Chip shortage 'likely' to hit second half, BMW predicts


German car giant BMW posted record profit of 4.8 billion euros for the second quarter on Tuesday, but warned the second half of the year would "likely" be affected by semiconductor shortages.




techxplore.com


----------



## Autoputzer (Mar 16, 2014)

Then there's this from the article...

"Brussels issued BMW and Volkswagen with the fine for colluding on the development of anti-pollution technology for diesel cars.

Daimler, which participated in the wrongdoing but alerted authorities to it, was spared any penalty."

WTF? I suspect this is due to EU anti-trust laws. The US automakers got legislation passed in the US to allow them to work together on battery technology.
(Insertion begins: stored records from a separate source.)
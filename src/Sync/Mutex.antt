-- ===== src/Sync/Mutex.antt =====
-- sys/sync/mutex.c: a spin lock in one byte, and the threads that take it, interleaved in any order.
pub mod Exclusion
mod Tests
use qnixx.Common.{
  ℕ, zero, suc, ◌≡◌, Bool, true, false, not, Option, none, some, ◌==◌, if◌then◌else◌, update,
}

-- `__atomic_test_and_set`: whether the byte was set, and the byte that it leaves.
abbrev pub test_and_set : ℕ → Bool × ℕ
test_and_set lock = (not (lock == 0), 1)

-- `while (__atomic_test_and_set(lock, ...));` on fuel, where no other thread runs meanwhile.
unfoldable pub mutex_acquire : ℕ → ℕ → Option ℕ
mutex_acquire zero lock = none
mutex_acquire (suc fuel) lock =
    let again = mutex_acquire fuel (test_and_set lock).1 in
    if (test_and_set lock).0 then again else some (test_and_set lock).1

-- `__atomic_clear`
abbrev pub mutex_release : ℕ → ℕ
mutex_release lock = 0

-- Where a thread stands: it does not hold the lock, it is in the loop of `mutex_acquire`, or it is
-- between the return of `mutex_acquire` and `mutex_release`.
pub data Pc : Type 0 where
  outside acquiring inside : Pc

-- One atomic step of a thread, with the byte before and after.
pub data Move (lock : ℕ) : Pc → ℕ → Pc → Type 0 where
  call : Move lock outside lock acquiring
  win : (test_and_set lock).0 ≡ false → Move lock acquiring (test_and_set lock).1 inside
  spin : (test_and_set lock).0 ≡ true → Move lock acquiring (test_and_set lock).1 acquiring
  release : Move lock inside (mutex_release lock) outside

pub record System : Type 0 where
  pub lock : ℕ
  pub pc : ℕ → Pc

pub data Step (s : System) : System → Type 0 where
  pick :
      (i : ℕ) {lock : ℕ} {p : Pc}
      → Move s.lock (s.pc i) lock p
      → Step s (record { lock = lock; pc = update s.pc i p })

-- A `mutex_t` that is 0, as static locks are.
abbrev pub init : System
init = record { lock = 0; pc = λ _. outside }

pub data Reach : System → Type 0 where
  start : Reach init
  later : {s t : System} → Reach s → Step s t → Reach t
My plan it to buy a new BMW in March 2024, replacing my then ten year old 535i. The only reason I'd buy one before then is if my 535i gets totaled, or my lottery pool wins Power Ball or Mega Millions. The lack of parts to install power lumbar support in the front passenger seats of a lot of smaller BMW's would stop me from buying one.


----------



## luigi524td (Apr 4, 2005)

New like this can be frustrating ... Not that I'm going out to grab a BUICK any time soon!!! 
2022 Buick Enclave's New Standard Feature Is Optional On BMWs


----------



## Doug Huffman (Apr 25, 2015)

In 2024 my BMW X5 35d will be 12 years old and about 120K miles (107K+ ATM). I kept my previous diesel VW to 13 years old and 180K miles and replaced it only for upgraded safety and size.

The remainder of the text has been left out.